Dubai property surge 2025: What the mid-year data really means for investors

Dubai property surge 2025: What the mid-year data really means for investors  - Dacha

If you’ve been following the momentum of real estate companies in Dubai, the results from the first half of 2025 are worth a closer look. With transaction volumes up 22.5% and total sales value rising by 40.1% compared to H1 2024, Dubai’s property market has delivered one of its strongest mid-year performances yet. 

Now, with H2 already underway, here’s what the data reveals about shifting investor preferences, asset performance, and what might lie ahead. 

Here’s a closer look at the patterns shaping the market and what they might signal for the months ahead. 

First half 2025: A market on the move 

Dubai's property sector carried its momentum from 2024 into the first half of this year. The pace was led by a vibrant off-plan segment, notable gains in resales, and a shift in mortgage dynamics that’s worth a second look. 

To understand just how active Dubai’s property market this year has been, it helps to look at the numbers. The first half of 2025 wasn’t just busy - it reflected a market gaining both pace and depth. From off-plan momentum to resale strength and some interesting trends in mortgages, here’s how the data stacks up: 

Key market highlights: 

  • Off-Plan Market 
    • 64,907 transactions were recorded, showing a 26.5% increase from the same time last year. 
    • Total value jumped to AED 209.1 billion, up 43.2%. 
    • Median price per square foot inched up to AED 1,642.73 (+1.7%).
  • Resale Market
    • 34,150 transactions took place, marking a 15.6% annual increase.
    • These sales generated AED 119.7 billion, up 35% in value.
    • Price per square foot rose by 10.9% to AED 1,467.91, showing growing demand for ready homes.
  • Overall Market
    • Dubai recorded 99,057 total property transactions in H1 2025.
    • Sales value reached AED 328.8 billion, signalling strong liquidity and buyer confidence.
  • Mortgage Trends
    • The number of mortgage transactions rose 38%, pointing to increased market participation.
    • But the overall loan value dipped 7.9%, which could reflect more cash buyers or smaller loans. 

Together, these figures show a market that’s not just expanding but evolving. Investors and buyers are clearly active, but they’re also becoming more calculated in how and where they engage. 

Why compare first halves? Looking at H1 performance year-over-year strips away seasonal spikes caused by launches, holidays, or events. It’s a way to get a clean read on where the market is headed, without distractions. 

Apartments: modest, strategic growth 

Apartments delivered stable performance across both off-plan and resale categories, reflecting a maturing segment with long-term appeal. 

In the off-plan space, prices saw a 1.5% increase year-on-year and 11.1% over the last two years. Since 2021, price per square foot has grown by 50.1%, suggesting measured but steady demand. 

Resale apartments showed stronger momentum. Prices per square foot rose 5.1% year-on-year, and more than doubled since 2020. Spacious layouts and well-situated properties remain particularly popular. 

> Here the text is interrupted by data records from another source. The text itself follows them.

-- ===== src/Server/Accounts/Tests.antt =====
-- Examples of the endpoints of users and tokens.
use medb.Base.{
  ◌≡◌, ◌≢◌, refl, ◌≤◌, ℕ, zero, suc, true, false, none, some, [], ◌∷◌, ◌++◌, arith, Bytes, bytes,
  bytes_eq, lookup, if◌then◌else◌,
}
use medb.Result.{ok}
use medb.Codec.Sample.{sample_codec}
use medb.Db.{Db, new_db}
use medb.Collection.{has}
use medb.Server.Roles.{role_writer}
use medb.Server.Auth.{
  User, Token, user_collection, token_collection, get_user, get_token, parse_utc_timestamp,
  valid_user_record, is_live, authenticate,
}
use medb.Server.Fields.{good, Fields, optional_bool_field}
use medb.Server.Sample.{
  host, auth_store, host_laws, record_laws, token_id_1, put_user, put_token, take_user, take_token,
  stamp,
}
use medb.Server.Accounts.{
  view_user, view_token, waits_then, waits_reread, created_user, created_token, new_role_field,
  handle_user_create, handle_user_update, handle_token_create,
}
use medb.Server.Accounts.Users.{handle_user_create_lem}
use medb.Server.Accounts.Updates.{handle_user_update_disables, handle_user_update_early}
use medb.Server.Accounts.Tokens.{handle_token_create_lem}
use medb.Server.Handlers.{read_object}
use medb.Server.Fields.{check_fields, string_field, optional_string_field, is_json_null}
use medb.Server.Roles.{valid_label, valid_role, valid_hex_id, all_hex, is_hex_digit}
use medb.Server.Accounts.{
  label_field, role_field, to_role, create_user, write_answer, id_field, update_user, change_user,
  update_answer, stored_user, expiry_field, create_token,
}
use medb.Server.Fresh.{unique_user_id, unique_token, hex_encode, hex_digit_of, new_token}
use medb.Db.{read, write, enqueue, check_doc_size}
use medb.Collection.{get, set_doc, update_doc, update_with}
use medb.Store.{get_doc, docs_of}
use medb.Name.{has_suffix}
use medb.Codec.Sample.{put_record, op_tag, put_field, get_field}
use medb.Server.Sample.{role_tag, tag_role}

abbrev zeros : ℕ → Bytes
zeros zero = []
zeros (suc n) = 0 ∷ zeros n

abbrev secret : Bytes
secret = bytes "medb_" ++ host.encode_base64 (zeros 32)

abbrev uid : Bytes
uid = bytes "00000000000000000000000000000000"

abbrev empty_db : Db
empty_db = new_db 1000 1000 (record { wal = []; files = []; dirs = []; faults = [] })

abbrev create_fields : Fields
create_fields = (bytes "name", bytes "bob") ∷ ((bytes "role", bytes "writer") ∷ [])

abbrev bob : User
bob = record {
  user_name = bytes "bob";
  role = role_writer;
  disabled = false;
  created_at = stamp 5;
  updated_at = stamp 5;
}

created :
    (handle_user_create host auth_store sample_codec
      (some (zeros 16) ∷ [])
      5
      (good create_fields)
      empty_db).0
    ≡ waits_then 0 (created_user (view_user uid bob))
unfolding handle_user_create read_object check_fields bytes_eq lookup string_field is_json_null
    label_field valid_label role_field valid_role to_role create_user unique_user_id has read
    get_doc docs_of hex_encode hex_digit_of write_answer set_doc check_doc_size write enqueue
    put_record op_tag put_user role_tag put_field view_user stamp
created = refl

handle_user_create_lem_example :
    let db' =
      (handle_user_create host auth_store sample_codec
        (some (zeros 16) ∷ [])
        5
        (good create_fields)
        empty_db).1 in
    (user : User) × (view_user uid bob ≡ view_user uid user)
    × (has user_collection uid empty_db ≡ false)
    × (valid_user_record host uid user ≡ true)
    × (user.disabled ≡ false)
    × ((id : Bytes)
        → get_user auth_store id db'
          ≡ (if bytes_eq uid id then ok user else get_user auth_store id empty_db))
    × ((tid : Bytes) → get_token auth_store tid db' ≡ get_token auth_store tid empty_db)
unfolding view_user
handle_user_create_lem_example =
    handle_user_create_lem host host_laws record_laws sample_codec (some (zeros 16) ∷ []) 5
      (good create_fields) empty_db 0 (view_user uid bob) (omega arith) (omega arith) created

-- The user and one of the tokens, stored.
abbrev laptop : Token
laptop = record { user_id = uid; label = bytes "laptop"; created_at = stamp 5; expires_at = none }

abbrev user_db : Db
user_db = record empty_db {
  store = record { colls = (user_collection, (uid, put_user bob) ∷ []) ∷ []; dirty = [] };
}

abbrev token_db : Db
token_db = record empty_db {
  store = record {
    colls =
        (user_collection, (uid, put_user bob) ∷ [])
        ∷ ((token_collection, (token_id_1, put_token laptop) ∷ []) ∷ []);
    dirty = [];
  };
}

abbrev update_fields : Fields
update_fields = (bytes "user_id", uid) ∷ ((bytes "disabled", bytes "true") ∷ [])

updated :
    (handle_user_update host auth_store sample_codec 7 (good update_fields) token_db).0
    ≡ waits_reread 0 uid
unfolding handle_user_update read_object check_fields bytes_eq lookup string_field is_json_null
    id_field new_role_field optional_bool_field update_user update_doc update_with change_user
    update_answer get_doc docs_of take_user get_field tag_role put_user put_field role_tag
    check_doc_size enqueue put_record op_tag valid_user_record valid_hex_id all_hex is_hex_digit
    valid_label valid_role parse_utc_timestamp has_suffix stamp
updated = refl

-- The clock is two ticks before the time of creation.
updated_early :
    (handle_user_update host auth_store sample_codec 3 (good update_fields) token_db).0
    ≡ waits_reread 0 uid
unfolding handle_user_update read_object check_fields bytes_eq lookup string_field is_json_null
    id_field new_role_field optional_bool_field update_user update_doc update_with change_user
    update_answer get_doc docs_of take_user get_field tag_role put_user put_field role_tag
    check_doc_size enqueue put_record op_tag valid_user_record valid_hex_id all_hex is_hex_digit
    valid_label valid_role parse_utc_timestamp has_suffix stamp
updated_early = refl

stored :
    (get_user auth_store uid token_db ≡ ok bob)
    × (get_token auth_store token_id_1 token_db ≡ ok laptop)
    × (parse_utc_timestamp host (stamp 5) ≡ some 5)
unfolding get_user get_token get read get_doc docs_of lookup bytes_eq put_user put_token take_user
    take_token get_field put_field role_tag tag_role parse_utc_timestamp has_suffix stamp
stored = (refl, refl, refl)

switched_off : optional_bool_field host update_fields (bytes "disabled") ≡ good (some true)
unfolding optional_bool_field lookup bytes_eq is_json_null
switched_off = refl

handle_user_update_disables_example :
    authenticate host auth_store secret 9
      (handle_user_update host auth_store sample_codec 7 (good update_fields) token_db).1
    ≡ none
handle_user_update_disables_example =
    handle_user_update_disables host host_laws record_laws sample_codec 7 update_fields token_db 0
      uid secret laptop 9 (omega arith) updated switched_off stored.1 refl

handle_user_update_early_example :
    let db' = (handle_user_update host auth_store sample_codec 3 (good update_fields) token_db).1 in
    ((token : Bytes) (rec : Token) (later : ℕ)
      → get_token auth_store token_id_1 token_db ≡ ok rec
      → rec.user_id ≡ uid
      → authenticate host auth_store token later db' ≡ none)
    × ((later : ℕ) (fields' : Fields) (commit' : ℕ)
        → later ≤ 1000
        → (handle_user_update host auth_store sample_codec later (good fields') db').0
          ≢ waits_reread commit' uid)
handle_user_update_early_example =
    handle_user_update_early host host_laws record_laws sample_codec 3 update_fields token_db 0 uid
      bob 5 (omega arith) updated_early stored.0 stored.2 (omega arith)

abbrev token_fields : Fields
token_fields =
    (bytes "user_id", uid) ∷ ((bytes "label", bytes "phone") ∷ ((bytes "expires_at", stamp 9) ∷ []))

abbrev phone : Token
phone = record {
  user_id = uid;
  label = bytes "phone";
  created_at = stamp 6;
  expires_at = some (stamp 9);
}

token_made :
    (handle_token_create host auth_store sample_codec
      (some (zeros 32) ∷ [])
      6
      (good token_fields)
      user_db).0
    ≡ waits_then 0 (created_token secret (view_token token_id_1 phone))
unfolding handle_token_create read_object check_fields bytes_eq lookup string_field is_json_null
    id_field label_field stored_user get_user get read get_doc docs_of take_user get_field tag_role
    put_token put_user role_tag put_field expiry_field optional_string_field create_token
    unique_token new_token has write_answer set_doc check_doc_size write enqueue put_record op_tag
    view_token valid_user_record valid_hex_id all_hex is_hex_digit valid_label valid_role
    parse_utc_timestamp has_suffix stamp
token_made = refl

handle_token_create_lem_example :
    let db' =
      (handle_token_create host auth_store sample_codec
        (some (zeros 32) ∷ [])
        6
        (good token_fields)
        user_db).1 in
    (user : User) × (rec : Token) × (view_token token_id_1 phone ≡ view_token token_id_1 rec)
    × (get_user auth_store (view_token token_id_1 phone).user_id user_db ≡ ok user)
    × (user.disabled ≡ false)
    × (has token_collection token_id_1 user_db ≡ false)
    × ((now : ℕ)
        → is_live host now (view_token token_id_1 phone).expires_at ≡ true
        → authenticate host auth_store secret now db' ≡ some user.role)
    × ((id : Bytes) → get_user auth_store id db' ≡ get_user auth_store id user_db)
    × ((tid : Bytes)
        → get_token auth_store tid db'
          ≡ (if bytes_eq token_id_1 tid then ok rec else get_token auth_store tid user_db))
handle_token_create_lem_example =
    handle_token_create_lem host host_laws record_laws sample_codec (some (zeros 32) ∷ []) 6
      (good token_fields) user_db 0 secret (view_token token_id_1 phone) (omega arith) (omega arith)
      token_made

For those seeking dependable returns rather than quick gains, this segment may continue to offer quiet strength. 

Villas: normalisation in new builds, strength in resale 

Not all villa performance was alike. 

Off-plan villa prices dipped by 4.1% in median terms, though price per square foot increased 12.2% - a hint that smaller, more efficiently priced homes are drawing interest. 

In contrast, resale villas continued their upward path. Median prices climbed 12.4%, while price per square foot rose 21.6%. Family-friendly communities such as The Lakes and Arabian Ranches continue to hold broad appeal. 

This may point to a preference for established locations with ready infrastructure and liveable space, especially among end-users and long-term investors. 

Plots: supply and location define value 

Land performance varied depending on type and geography. 

Off-plan plots saw a median price drop of 33.3%, likely due to oversupply and more measured speculation. 

Resale plots told a different story. Median prices rose by 18.6%, and price per square foot gained 17.9%. Locations with built-up surroundings and accessible infrastructure appeared to drive the strongest results. 

As a strategy, looking at land within established zones could offer more predictable growth than emerging areas with uncertain demand. 

Commercial real estate: a recalibration in the making 

Commercial assets continued to deliver strong numbers, but patterns are shifting. 

Off-plan sales jumped 28.1% in value, yet the price per square foot dipped 15.8%. That may reflect more cautious buying or recalibrated developer pricing. 

Resale commercial properties remained resilient. Median values rose 20%, and price per square foot was up 18% - solid gains for a sector that relies heavily on location and tenant demand. 

For those exploring this space, established business hubs with ongoing footfall and occupancy might offer more consistent performance. 

Entire buildings: niche potential with long-term vision 

This is a segment that typically attracts institutions or ultra-high-net-worth buyers. And the returns may justify the exclusivity. 

Median prices rose 1.5% year-on-year, while price per square foot surged 20.9%. Since 2021, prices have more than doubled, even if liquidity remains relatively low compared to individual units. 

Investors with the resources to hold full buildings may find this segment a strategic fit for diversification or long-term capital preservation. 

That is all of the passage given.